Everyone seems to say that Java is geared more for enterprise and such but
I like Java but still those above can't be done! any ideas fellow
usenetters ?

Signature

Cheers,
Ishwor Gurung
/* humpty dumpty */

Roedy Green - 23 Aug 2007 12:30 GMT
>Regarding coding for low level stuff, is Java good enough? thanks.
>with the C and C++ already there, is java missing something in there ?
>i read the serial comm api for java called javacomm which as posted has
>bleak support for low level serial communication.
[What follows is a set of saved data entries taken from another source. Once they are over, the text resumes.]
-- ===== src/RuleBuilder/Trees/Rendered.antt =====
-- The trees of the fragments are written as the code writes them (app/services/rule_builder.py).
use q_bittorrent_rss_rules.Prelude.{
  ℕ, ◌+◌, ◌≤◌, ◌∙◌, zero, suc, map, ◌≡◌, refl, inl, inr, true, false, ap₂, some, List, [], ◌∷◌,
  ◌++◌, ap, ltb, Bool-cases, arith, max, min,
}
use q_bittorrent_rss_rules.Prelude.Text.{Text, show, codes}
use q_bittorrent_rss_rules.Prelude.Unicode.{Unicode}
use q_bittorrent_rss_rules.WatchState.Keys.{Episode, normalize_watch_state_episode_keys}
use q_bittorrent_rss_rules.RuleBuilder.Regex.{Regex, group, render, render_class, literal, alts}
use q_bittorrent_rss_rules.RuleBuilder.Numbers.{bounded, concat, join}
use q_bittorrent_rss_rules.RuleBuilder.Numbers.Range.{min_1_to_99-render, min_0_to_99-render}
use q_bittorrent_rss_rules.RuleBuilder.Episodes.{
  progress_text, build_standalone_episode_fragment, standalone_pieces,
  build_below_floor_episode_fragment, below_from, any_of_or_nothing,
  build_lower_episode_exclusion_fragment, key_tuples, build_existing_episode_exclusion_fragment,
}
use q_bittorrent_rss_rules.RuleBuilder.Trees.{
  progress_tree, standalone_tree, below_tree, below_trees, lower_tree, existing_tree,
}

literal-render : (s : Text) → render (literal s) ≡ s
unfolding render render_class
literal-render [] = refl
literal-render (c ∷ []) = refl
literal-render (c ∷ d ∷ s) = ap (λ t. c ∷ t) (literal-render (d ∷ s))

pub progress-render : (s e : ℕ) → render (progress_tree s e) ≡ progress_text s e
unfolding progress_tree progress_text render render_class
progress-render s e = elim (Bool-cases (ltb (bounded false s) 99)) [
  | inl h ↦
      rw
        (
          h,
          literal-render (show (bounded false s)),
          min_1_to_99-render (bounded false s + 1),
          min_1_to_99-render (bounded false s),
          min_0_to_99-render (bounded true e),
        )
        refl
  | inr h ↦
      rw
        (
          h,
          literal-render (show (bounded false s)),
          min_1_to_99-render (bounded false s),
          min_0_to_99-render (bounded true e),
        )
        refl
]

standalone_pieces-render : (s e : ℕ) → render (standalone_tree s e) ≡ concat (standalone_pieces s e)
unfolding standalone_tree render render_class
standalone_pieces-render s e = rw (literal-render (show s), literal-render (show e)) refl

pub standalone-render :
    (s e : ℕ)
    → render (standalone_tree (bounded true s) (bounded true e))
      ≡ build_standalone_episode_fragment s e
unfolding build_standalone_episode_fragment
standalone-render s e = standalone_pieces-render (bounded true s) (bounded true e)

below-render :
    (s e : ℕ)
    → 1 ≤ s
    → s ≤ 99
    → e ≤ 99
    → render (below_tree s e) ≡ build_below_floor_episode_fragment s e
unfolding below_tree standalone_tree build_below_floor_episode_fragment render render_class bounded
below-render s e l m h =
    let season : max 1 (min 99 s) ≡ s = omega arith in
    let episode : max 0 (min 99 e) ≡ e = omega arith in
    rw (season, episode, literal-render (show s), literal-render (show e)) refl

alts-render :
    (r : Regex) (rs : List Regex) → render (alts (r ∷ rs)) ≡ join (codes "|") (map render (r ∷ rs))
unfolding render
alts-render r [] = refl
alts-render r (s ∷ rs) = ap (λ t. render r ++ (b'|' ∷ t)) (alts-render s rs)

below_trees-render :
    (s e n : ℕ) → 1 ≤ s → s ≤ 99 → e + n ≤ 100 → map render (below_trees s e n) ≡ below_from s e n
unfolding below_trees below_from
below_trees-render s e zero l m h = refl
below_trees-render s e (suc n) l m h =
    ap₂ (λ t ts. t ∷ ts) (below-render s e l m (omega arith))
      (below_trees-render s (suc e) n l m (omega arith))

group-render :
    (r : Regex) (rs : List Regex)
    → render (group (alts (r ∷ rs))) ≡ any_of_or_nothing (map render (r ∷ rs))
unfolding render
group-render r rs = ap (λ t. codes "(?:" ++ (t ++ codes ")")) (alts-render r rs)

below_group-render :
    (s c : ℕ)
    → 1 ≤ s
    → s ≤ 99
    → 1 ≤ c
    → c ≤ 99
    → render (group (alts (below_trees s 0 c))) ≡ any_of_or_nothing (below_from s 0 c)
unfolding below_trees
below_group-render s zero l m k h = ground (arith, k)
below_group-render s (suc c) l m k h =
    group-render (below_tree s 0) (below_trees s 1 c)
    ∙ ap any_of_or_nothing (below_trees-render s 0 (suc c) l m (omega arith))

-- With an earlier episode in the season, the tree is written as the code writes it.
pub lower-render :
    (s e : ℕ)
    → 1 ≤ e
    → render (lower_tree s e) ≡ build_lower_episode_exclusion_fragment (some s) (some e)
unfolding lower_tree build_lower_episode_exclusion_fragment bounded
lower-render s e h =
    below_group-render (bounded false s) (bounded true e) (omega arith) (omega arith) (omega arith)
      (omega arith)

existing_trees-render :
    (episodes : List (ℕ × ℕ))
    → map render (map (λ (s, e). standalone_tree (bounded true s) (bounded true e)) episodes)
      ≡ map (λ (s, e). build_standalone_episode_fragment s e) episodes
existing_trees-render [] = refl
existing_trees-render ((s, e) ∷ episodes) =
    ap₂ (λ t ts. t ∷ ts) (standalone-render s e) (existing_trees-render episodes)

module _ ⦃u : Unicode⦄ where
  -- Where the keys name an episode, the tree is written as the code writes it.
  pub existing-render :
      (keys : List Text) (e : Episode) (es : List Episode)
      → key_tuples (normalize_watch_state_episode_keys keys) ≡ e ∷ es
      → render (existing_tree (e ∷ es)) ≡ build_existing_episode_exclusion_fragment keys
  unfolding existing_tree build_existing_episode_exclusion_fragment
  existing-render keys (s, e) es h = rw h (
      group-render (standalone_tree (bounded true s) (bounded true e))
        (map (λ (s, e). standalone_tree (bounded true s) (bounded true e)) es)
      ∙ ap any_of_or_nothing (existing_trees-render ((s, e) ∷ es)))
I am just investigating
>how far other people have gone.

Basically anything platform or hardware specific you need to write the
code it C/C++ and glue it in with JNI.  You can write several versions
of it, and have Java Web Start plug in the correct one for any given
platform.

See http://mindprod.com/jgloss/jni.html
Signature

Roedy Green Canadian Mind Products
The Java Glossary
http://mindprod.com

Daniel Pitts - 23 Aug 2007 21:22 GMT
> hi all,
>
[quoted text clipped - 10 lines]
> Ishwor Gurung
> /* humpty dumpty */

Java is not design to support "low level" programming. It is designed
to allow abstracted interaction with the parent platform. While it
might be possible to write drivers in pure Java, its unlikely to see
whole Operation Systems written in Java, simply because Java itself
"requires" an OS to run on.

Although, I could see a specialty JVM implementation that doesn't
require a parent OS, I'm not aware of any of the top of my head.
Mark Thornton - 23 Aug 2007 21:39 GMT
> Java is not design to support "low level" programming. It is designed
> to allow abstracted interaction with the parent platform. While it
> might be possible to write drivers in pure Java, its unlikely to see
> whole Operation Systems written in Java, simply because Java itself
> "requires" an OS to run on.

See http://www.jnode.org

Mark Thornton
lyallex - 24 Aug 2007 14:32 GMT
> hi all,
>
[quoted text clipped - 5 lines]
>
> thanks a lot!

Actually, I think Java is rather good at certain 'low level' tasks.
It's threading model is easy to learn and it has support for byte
arrays, What more do you need?

Your state machine lives in one Thread and you listen to the comm port
on another. Nice !

Rgds
Duncan
anders - 24 Aug 2007 18:14 GMT
I worked before with develop a machine, running lolevel stuff with C+
+,
Handling rest i java.
We have java and c++ talking by socket and sharing a postGreSQL
database.

Eg the c++ colect data from eg. a serialport send this thrue a socket
to
the javaprogram.
Don't know if this is the best but... it worked fine.